-- ===== src/Rewards/Crafting.antt =====
-- What `craftReward` of nexus_server/rewards.go does on each branch.
use phazechat_world.Prelude.{
  ℕ, ◌+◌, ◌≤◌, ◌≡◌, refl, sym, ap, subst, ◌∙◌, ◌≢◌, ◌⊎◌, inl, inr, Bool, true, false, ◌||◌, Option,
  none, some, List, [], ◌∷◌, map, arith, eq_iff, eq_refl, String, keep, any, ltb, ◌==◌, Bool-cases,
  has,
}
use phazechat_world.Rewards.{RewardItem, reward_catalog, reward_by_id, find_item, craft_cost}
use phazechat_world.Rewards.Crates.{
  Craft, Db, RewardError, opened_items, rolled_items, crafted_items, gained, spent, insert_craft,
  craft_found, craft_reward,
}

-- An item of the catalog that a test on ids keeps is among the ids kept.
find_item-has :
    (id : String) (p : String → Bool) (its : List RewardItem) (it : RewardItem)
    → find_item id its ≡ some it
    → p id ≡ true
    → has id (map (λ c. c.id) (keep (λ c. p c.id) its)) ≡ true
unfolding find_item has any
find_item-has id p [] it e h = ground (arith, e)
find_item-has id p (c ∷ its) it e h = elim (Bool-cases (c.id == id)) [
  | inl q ↦ let same = (eq_iff c.id id).0 q in rw (ap p same ∙ h) (ground (arith, q))
  | inr q ↦ elim (Bool-cases (p c.id)) [
    | inl b ↦ rw b (ground (arith, q, find_item-has id p its it (ground (arith, e, q)) h))
    | inr b ↦ rw b (find_item-has id p its it (ground (arith, e, q)) h)
  ]
]

-- An item bought is one more of the inventory and costs what it costs.
abbrev pub IsBought : String → String → RewardItem → Db → Db → Type 0
IsBought owner item it db db' =
    (has item (opened_items owner db) ≡ false)
    × (has item (opened_items owner db') ≡ true)
    × (spent owner db'.crafts ≡ spent owner db.crafts + craft_cost it.rarity)
    × (spent owner db'.crafts ≤ gained owner db'.crates)
    × (db'.crates ≡ db.crates)

opened_items-has :
    (owner item : String) (it : RewardItem) (db : Db)
    → reward_by_id item ≡ some it
    → has item (rolled_items owner db) || has item (crafted_items owner db.crafts) ≡ true
    → has item (opened_items owner db) ≡ true
unfolding opened_items reward_by_id
opened_items-has owner item it db found h =
    find_item-has item
      (λ id. has id (rolled_items owner db) || has id (crafted_items owner db.crafts))
      reward_catalog it found h

-- The UNIQUE of the table refuses no item that the inventory has not.
not_crafted :
    (owner item : String) (it : RewardItem) (db : Db)
    → reward_by_id item ≡ some it
    → has item (opened_items owner db) ≡ false
    → has item (crafted_items owner db.crafts) ≡ false
not_crafted owner item it db found fresh =
    elim (Bool-cases (has item (crafted_items owner db.crafts))) [
      | inl e ↦ ground (arith, fresh, opened_items-has owner item it db found (ground (arith, e)))
      | inr e ↦ e
    ]

with_craft : String → String → ℕ → Db → Db
with_craft owner item cost db = record db {
  crafts = record { owner = owner; item = item; cost = cost } ∷ db.crafts;
}

crafted_items-has :
    (owner item : String) (cost : ℕ) (cs : List Craft)
    → has item (crafted_items owner (record { owner = owner; item = item; cost = cost } ∷ cs))
      ≡ true
unfolding crafted_items has any
crafted_items-has owner item cost cs =
    rw ((eq_iff owner owner).1 refl) (rw ((eq_iff item item).1 refl) refl)

with_craft-IsBought :
    (owner item : String) (it : RewardItem) (db : Db)
    → reward_by_id item ≡ some it
    → has item (opened_items owner db) ≡ false
    → spent owner db.crafts + craft_cost it.rarity ≤ gained owner db.crates
    → IsBought owner item it db (with_craft owner item (craft_cost it.rarity) db)
unfolding with_craft spent
with_craft-IsBought owner item it db found fresh paid = (
  fresh,
  opened_items-has owner item it (with_craft owner item (craft_cost it.rarity) db) found
      (ground (arith, crafted_items-has owner item (craft_cost it.rarity) db.crafts)),
  ground (arith, eq_refl owner),
  ground (arith, eq_refl owner, paid),
  refl,
)

-- What crafting comes to, error or not.
abbrev pub Crafted : String → String → Db → Option RewardError × Db → Type 0
Crafted owner item db (e, db') =
    ((e ≢ none) × (db' ≡ db))
    ⊎ ((e ≡ none)
        × ((it : RewardItem) × (reward_by_id item ≡ some it) × IsBought owner item it db db'))

craft_found-bought :
    (owner item : String) (it : RewardItem) (db : Db)
    → has item (opened_items owner db) ≡ false
    → ltb (gained owner db.crates) (spent owner db.crafts + craft_cost it.rarity) ≡ false
    → has item (crafted_items owner db.crafts) ≡ false
    → craft_found (some it) owner item db ≡ (none, with_craft owner item (craft_cost it.rarity) db)
unfolding craft_found insert_craft with_craft
craft_found-bought owner item it db e l n = rw (e, l, n) refl

craft_found-Crafted :
    (found : Option RewardItem) (owner item : String) (db : Db)
    → reward_by_id item ≡ found
    → Crafted owner item db (craft_found found owner item db)
unfolding craft_found insert_craft with_craft
craft_found-Crafted none owner item db f = inl (λ e. cc, refl)
craft_found-Crafted (some it) owner item db f =
    elim (Bool-cases (has item (opened_items owner db))) [
      | inl e ↦ rw e (inl (λ h. cc, refl))
      | inr e ↦
          elim (Bool-cases
            (ltb (gained owner db.crates) (spent owner db.crafts + craft_cost it.rarity))) [
              | inl l ↦ rw (e, l) (inl (λ h. cc, refl))
              | inr l ↦
                  subst (Crafted owner item db)
                    (sym
                      (craft_found-bought owner item it db e l (not_crafted owner item it db f e)))
                    (inr
                      (refl, (it, f, with_craft-IsBought owner item it db f e (ground (arith, l)))))
            ]
    ]

-- Crafting either gives an error and changes no table, or gives none: then the item is of the
-- catalog, it was not in the inventory and is now, what the account spent is more by what its rarity
-- costs and no more than its crates gave, and no crate changes.
pub craft_reward-Crafted :
    (owner item : String) (db : Db) → Crafted owner item db (craft_reward owner item db)
unfolding craft_reward
craft_reward-Crafted owner item db = craft_found-Crafted (reward_by_id item) owner item db refl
________________
Given the records above, return exactly the lines starting at the line containing "-- The UNIQUE" and ending at the line containing "elim (Bool-cases (has item (crafted_items", including both.

# Solution to the problem
-- The UNIQUE of the table refuses no item that the inventory has not.
not_crafted :
    (owner item : String) (it : RewardItem) (db : Db)
    → reward_by_id item ≡ some it
    → has item (opened_items owner db) ≡ false
    → has item (crafted_items owner db.crafts) ≡ false
not_crafted owner item it db found fresh =
    elim (Bool-cases (has item (crafted_items owner db.crafts))) [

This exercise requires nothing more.